Gates, bareheaded and wearing a brown bomber jacket against the winter’s chill at the bleak outpost, looked east into a part of Pakistan just a few miles away that has become an infiltration route for a growing number of Taliban fighters. U.S. military officials say they have evidence the Pakistani military has turned a blind eye to the border incursions.


  Click for related content 
NATO: Taliban leader detained in Afghanistan



Later, at a news conference, Gates acknowledged the border security problem and said something would have to be done about it. Only one month into his tenure at the Pentagon, Gates said he had not yet studied the issue in detail.

“The border area is a problem,” Gates told reporters Tuesday after meeting with President Hamid Karzai. “There are more attacks coming across the border, there are al-Qaida networks operating on the Pakistani side of the border. And these are issues that we clearly will have to pursue with the Pakistani government.”

Karzai acknowledged the upswing in Taliban attacks and vowed to deal them a heavy blow in the months ahead.

At Tillman, Sgt. 1st Class Ronald Locklear, who has spent five months there, said the problem is well-known.

“They cross the border on a regular basis,” he said.

Gates noted that the Bush administration considers Pakistan an important ally in the global war on terrorism. U.S. military officials, however, stressed the impact of the Taliban’s ability to find sanctuary in tribal areas on the Pakistan side of the border.

They said that allowed the Taliban to vastly increase the number of its attacks against U.S., NATO and Afghan army troops, particularly in the southern and eastern parts of the country where Osama bin Laden once operated.

The number of insurgent attacks is up 300 percent since September, when the Pakistani government put into effect a peace arrangement with tribal leaders in the north Waziristan area, along Afghanistan’s eastern border, a U.S. military intelligence officer told reporters traveling with Gates. The officer discussed the matter on condition of anonymity.

Tours extended
Meanwhile, the top American commander in Afghanistan said he has asked to extend the combat tour of about 1,200 soldiers, amid rising insurgent violence, and Gates said he was “strongly inclined” to recommend a troop increase to President Bush if commanders believe it is needed to succeed.

The prospect of a troop increase, at the same time Bush is ordering 21,500 more troops into Iraq, raises new questions about the military’s ability to sustain its pace of war-fighting on two major fronts. There now are about 24,000 U.S. troops in Afghanistan, which Lt. Gen. Karl Eikenberry said is the highest since the war began in October 2001.

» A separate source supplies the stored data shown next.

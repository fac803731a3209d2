-- ===== src/Examples/Mitigation.antt =====
-- The theorems on RFM at concrete inputs.
use mem_sim.Base.{
  ◌+◌, ◌-◌, ◌≤◌, ◌≡◌, refl, true, false, not, ◌&&◌, ◌||◌, none, some, List, [], ◌∷◌, arith, leb,
  ◌==◌, if◌then◌else◌, get_or, replicate, ok,
}
use mem_sim.Dram.Kinds.{rfmpb}
use mem_sim.Dram.Spec.{total_banks, checked_product, checked_product_from}
use mem_sim.Dram.Address.{flat_bank}
use mem_sim.Dram.Address.Ranks.{rank_number}
use mem_sim.Controller.Rfm
use mem_sim.Controller.Rfm.{RfmManager, on_activate, on_rfmab, decrement_value}
use mem_sim.Controller.Rfm.Ranks.{IsSized, on_rfmab-count}
use mem_sim.Controller.Rfm.Counts.{
  Event, activated, run, step, count, pending, on_activate_per_bank, outstanding_is_due,
}
use mem_sim.Examples.{
  small_org, small_spec, small-IsPositive, no_stats, somewhere, neighbour, somewhere-InRange,
  neighbour-InRange,
}
use mem_sim.Examples.Command.{good_doubles, small_spec_passes}

-- Every bank of the manager has been activated once.
abbrev manager : RfmManager
manager = record {
  act_count_since_rfm = replicate 64 1;
  rfm_pending_bank = replicate 64 false;
  rfm_pending_all_bank = replicate 8 false;
}

manager-IsSized : IsSized small_org manager
manager-IsSized = record { counts = refl; flags = refl; ranks = refl }

on_activate_per_bank_example :
    let a = on_activate small_spec somewhere manager no_stats in
    let asks =
      leb 2 (count small_spec manager somewhere + 1)
      && not (pending small_spec manager somewhere) in
    (a.command ≡ (if asks then some (record { command = rfmpb; decoded = somewhere }) else none))
    × (count small_spec a.manager somewhere ≡ count small_spec manager somewhere + 1)
    × (pending small_spec a.manager somewhere ≡ (asks || pending small_spec manager somewhere))
on_activate_per_bank_example =
    on_activate_per_bank small_spec manager no_stats manager-IsSized somewhere somewhere-InRange
      refl (omega arith) refl

on_rfmab-count_example :
    get_or
      (on_rfmab small_spec somewhere manager no_stats).0.act_count_since_rfm
      (flat_bank small_org neighbour)
      0
    ≡ (let count = get_or manager.act_count_since_rfm (flat_bank small_org neighbour) 0 in
        if rank_number small_org neighbour == rank_number small_org somewhere
        then count - decrement_value small_spec
        else count)
on_rfmab-count_example =
    on_rfmab-count small_spec small-IsPositive manager no_stats manager-IsSized somewhere neighbour
      somewhere-InRange neighbour-InRange

abbrev fresh : RfmManager
fresh = record {
  act_count_since_rfm = replicate 64 0;
  rfm_pending_bank = replicate 64 false;
  rfm_pending_all_bank = replicate 8 false;
}

fresh-reset : Rfm.reset good_doubles small_spec ≡ ok fresh
unfolding Rfm.reset total_banks checked_product checked_product_from
fresh-reset = rw small_spec_passes refl

abbrev events : List Event
events = activated somewhere ∷ activated neighbour ∷ activated somewhere ∷ []

events-pending : pending small_spec (run small_spec no_stats fresh events) somewhere ≡ true
unfolding run step on_activate flat_bank
events-pending = refl

outstanding_is_due_example : 2 ≤ count small_spec (run small_spec no_stats fresh events) somewhere
outstanding_is_due_example =
    outstanding_is_due good_doubles small_spec fresh no_stats events somewhere fresh-reset
      (somewhere-InRange, (neighbour-InRange, (somewhere-InRange, tt))) somewhere-InRange
      events-pending
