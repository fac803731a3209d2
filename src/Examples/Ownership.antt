-- ===== src/Examples/Ownership.antt =====
-- The theorems on the request queues at concrete inputs.
use mem_sim.Base.{
  ◌+◌, ◌≡◌, refl, ◌⊎◌, true, [], ◌∷◌, modify, replicate, out_of_range, ok, err,
  get_or-replicate_self,
}
use mem_sim.Dram.Address.{flat_bank}
use mem_sim.Controller.Queues.{
  RequestQueues, read, erase, promote, promote_request, queue, set_queue, has_space, limit,
  count_at,
}
use mem_sim.Controller.Queues.Ownership.{IsOwned, tally, promote-IsOwned, erase-IsOwned}
use mem_sim.Examples.{small_org, somewhere, neighbour}

-- Nothing active, two reads waiting.
abbrev queues : RequestQueues
queues = record {
  active_queue = [];
  priority_queue = [];
  read_queue = somewhere ∷ neighbour ∷ [];
  write_queue = [];
  limits = record { banks = 64; priority = 4; reads = 4; writes = 4 };
  active_counts = replicate 64 0;
}

queues-IsOwned : IsOwned small_org queues
unfolding tally
queues-IsOwned = λ b. get_or-replicate_self 64 b 0

abbrev promoted : RequestQueues
promoted = record queues {
  active_queue = somewhere ∷ [];
  read_queue = neighbour ∷ [];
  active_counts = modify (replicate 64 0) 61 (λ n. n + 1);
}

promoted-promote : promote small_org queues read 0 ≡ ok (promoted, true)
unfolding promote promote_request queue set_queue has_space limit count_at flat_bank
promoted-promote = refl

promote-IsOwned_example : IsOwned small_org promoted
promote-IsOwned_example =
    promote-IsOwned small_org queues promoted read 0 true queues-IsOwned promoted-promote

erase-IsOwned_example :
    ((r : RequestQueues) × (erase small_org queues read 1 ≡ ok r) × IsOwned small_org r)
    ⊎ (erase small_org queues read 1 ≡ err out_of_range)
erase-IsOwned_example = erase-IsOwned small_org queues read 1 queues-IsOwned
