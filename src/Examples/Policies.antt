-- ===== src/Examples/Policies.antt =====
-- The theorems on the scheduler and the row policy at concrete inputs.
use mem_sim.Base.{
  ◌≡◌, refl, ◌⊎◌, true, false, none, some, List, [], ◌∷◌, arith, leb, if◌then◌else◌, ok,
}
use mem_sim.Dram.Kinds.{rd, act, fcfs, frfcfs, closed_cap}
use mem_sim.Dram.Semantics.{command_meta}
use mem_sim.Controller.Scheduler.{SchedulerCandidateView, select_scheduled_request}
use mem_sim.Controller.Scheduler.Oldest.{
  Best, Never, IsOldest, is_issuable, is_eligible, frfcfs-Best, fcfs_in_order,
}
use mem_sim.Controller.RowPolicy
use mem_sim.Controller.RowPolicy.{
  RowPolicyEngine, should_auto_precharge, should_schedule_precharge, mark_precharge_pending,
}
use mem_sim.Controller.RowPolicy.History
use mem_sim.Controller.RowPolicy.History.{
  Issue, accesses_since_reset, NoReset, auto_precharge_exact, precharge_queued_once,
}

-- An old request whose bank is not ready, a younger one that is, and a third that may not go.
abbrev candidates : List SchedulerCandidateView
candidates =
    record { request_index = 0; arrival = 7; command = act; eligible = true; timing_ready = true }
    ∷ record { request_index = 1; arrival = 3; command = rd; eligible = true; timing_ready = false }
    ∷ record { request_index = 2; arrival = 1; command = rd; eligible = false; timing_ready = true }
    ∷ []

frfcfs-Best_example : Best is_issuable candidates (select_scheduled_request frfcfs candidates)
frfcfs-Best_example = frfcfs-Best candidates

fcfs_in_order_example :
    (Never is_eligible candidates × (select_scheduled_request fcfs candidates ≡ none))
    ⊎ ((c : SchedulerCandidateView) × IsOldest is_eligible candidates c
        × (select_scheduled_request fcfs candidates ≡ (if c.timing_ready then some c else none)))
fcfs_in_order_example = fcfs_in_order candidates

-- Four banks, a cap of two.
abbrev engine : RowPolicyEngine
engine = record {
  cap = 2;
  column_accesses = 0 ∷ 0 ∷ 0 ∷ 0 ∷ [];
  precharge_pending = false ∷ false ∷ false ∷ false ∷ [];
}

engine-reset : RowPolicy.reset 4 2 ≡ ok engine
unfolding RowPolicy.reset
engine-reset = refl

abbrev issues : List Issue
issues = (1, rd) ∷ (2, act) ∷ (1, rd) ∷ (1, act) ∷ []

auto_precharge_exact_example :
    should_auto_precharge (History.run engine issues) closed_cap 1
    ≡ leb 2 (accesses_since_reset 1 issues)
auto_precharge_exact_example = auto_precharge_exact 4 2 engine engine-reset issues 1 (omega arith)

issues-NoReset : NoReset 1 issues
unfolding command_meta
issues-NoReset = (refl, (refl, (refl, (refl, tt))))

precharge_queued_once_example :
    should_schedule_precharge (History.run (mark_precharge_pending engine 1) issues) closed_cap 1 0
    ≡ false
precharge_queued_once_example =
    precharge_queued_once 4 engine issues 1 0 closed_cap (record { counts = refl; flags = refl })
      (omega arith) issues-NoReset
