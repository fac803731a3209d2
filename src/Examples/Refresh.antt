-- ===== src/Examples/Refresh.antt =====
-- The theorems on refresh at concrete inputs.
use mathlib.Core.List.{Memᴰ}
use mem_sim.Dram.Kinds.{refpb}
use mem_sim.Controller.Refresh.Batch.{positions_per_sid}
use mem_sim.Controller.Refresh.Rotation.{InRotation, round, batch_after, batch_after-every_bank}
use mem_sim.Examples.{somewhere, somewhere-InRange, small-IsPositive}
use mem_sim.Controller.Refresh.Batch.{RankRefreshState, refresh_interval}
use mem_sim.Controller.Refresh.Tick.{RefreshManager, initial_rank, reset, catch_up}
use mem_sim.Controller.Refresh.Ledger.{Passes, catch_up-Passes, IsAhead}
use mem_sim.Controller.Refresh.History.{
  TickInput, Run, run, IsBalanced, interval_ticks, credit_ledger,
}
use mem_sim.Controller.Timing.Scope.{timing_delay}
use mem_sim.Examples.{small_spec}
use mem_sim.Examples.Command.{good_doubles, small_spec_passes}
use mem_sim.Base.{ℕ, ◌+◌, ◌<◌, ◌≡◌, refl, true, false, [], ◌∷◌, arith, ok, All}

abbrev rank : RankRefreshState
rank = record initial_rank { next_refresh_cycle = 50 }

abbrev manager : RefreshManager
manager = record { rank_states = rank ∷ rank ∷ []; rank_cursor = 0; self_refresh_active = false }

manager_fresh : reset good_doubles small_spec 0 ≡ ok manager
unfolding reset refresh_interval timing_delay
manager_fresh = rw small_spec_passes refl

small_interval : 0 < refresh_interval small_spec
unfolding refresh_interval
small_interval = omega arith

abbrev at : ℕ → TickInput
at clk = record { clk = clk; prefer_postpone = false; allow_pull_in = true }

catch_up-Passes_example :
    let t = (catch_up 120 50 false rank).state in
    (120 < t.next_refresh_cycle) × (k : ℕ) × Passes 50 k rank t
catch_up-Passes_example = catch_up-Passes 120 50 rank (omega arith)

credit_ledger_example :
    (r : Run) × (run good_doubles small_spec manager (at 120 ∷ at 40 ∷ []) ≡ ok r)
    × IsBalanced small_spec (0 + interval_ticks small_spec) r
    × All (IsAhead 120) r.manager.rank_states
credit_ledger_example =
    credit_ledger good_doubles small_spec refl small_interval 0 manager (at 120) (at 40 ∷ [])
      manager_fresh

rank-InRotation : InRotation small_spec rank
unfolding positions_per_sid
rank-InRotation = record { flat = omega arith; sid = omega arith }

batch_after-every_bank_example :
    (k : ℕ) × (k < round small_spec)
    × Memᴰ
        (record { command = refpb; decoded = record somewhere { row = 0; column = 0 } })
        (batch_after small_spec 1 rank k)
batch_after-every_bank_example =
    batch_after-every_bank small_spec rank somewhere refl refl small-IsPositive rank-InRotation
      somewhere-InRange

It also raises questions about the future course of the war in Afghanistan, which the United States is increasingly handing off to NATO forces. Of the 31,000 troops here under NATO command, about 11,000 are American. The United States has another 12,000 or 13,000 under U.S. command to hunt down al-Qaida terrorists and train the Afghan army.

Eikenberry, the senior American commander here, told reporters he has recommended to the Pentagon that 1,200 soldiers from the 2nd Battalion, 30th Infantry Regiment, 10th Mountain Division — which is about halfway through a scheduled four-month tour in eastern Afghanistan — be ordered to stay through year’s end. Eikenberry is due to leave his post Jan. 21.

That battalion is already scheduled to deploy to Iraq later this year, an illustration of how stretched U.S. forces are by the two wars.

Eikenberry said it appears the Taliban is readying a spring offensive to focus mainly on southern Afghanistan, particularly in the city of Kandahar and other urban centers. He also said he believed the Taliban would make renewed efforts to “get inside Kabul” and to attack border posts held by NATO and Afghan national forces.

He asserted that despite the Taliban’s resurgence, “The enemy is not strong militarily. A lot of this has to do with the attempt to get psychological effects” to persuade ordinary Afghans the U.S.-backed government cannot deliver necessary services, Eikenberry said.


----------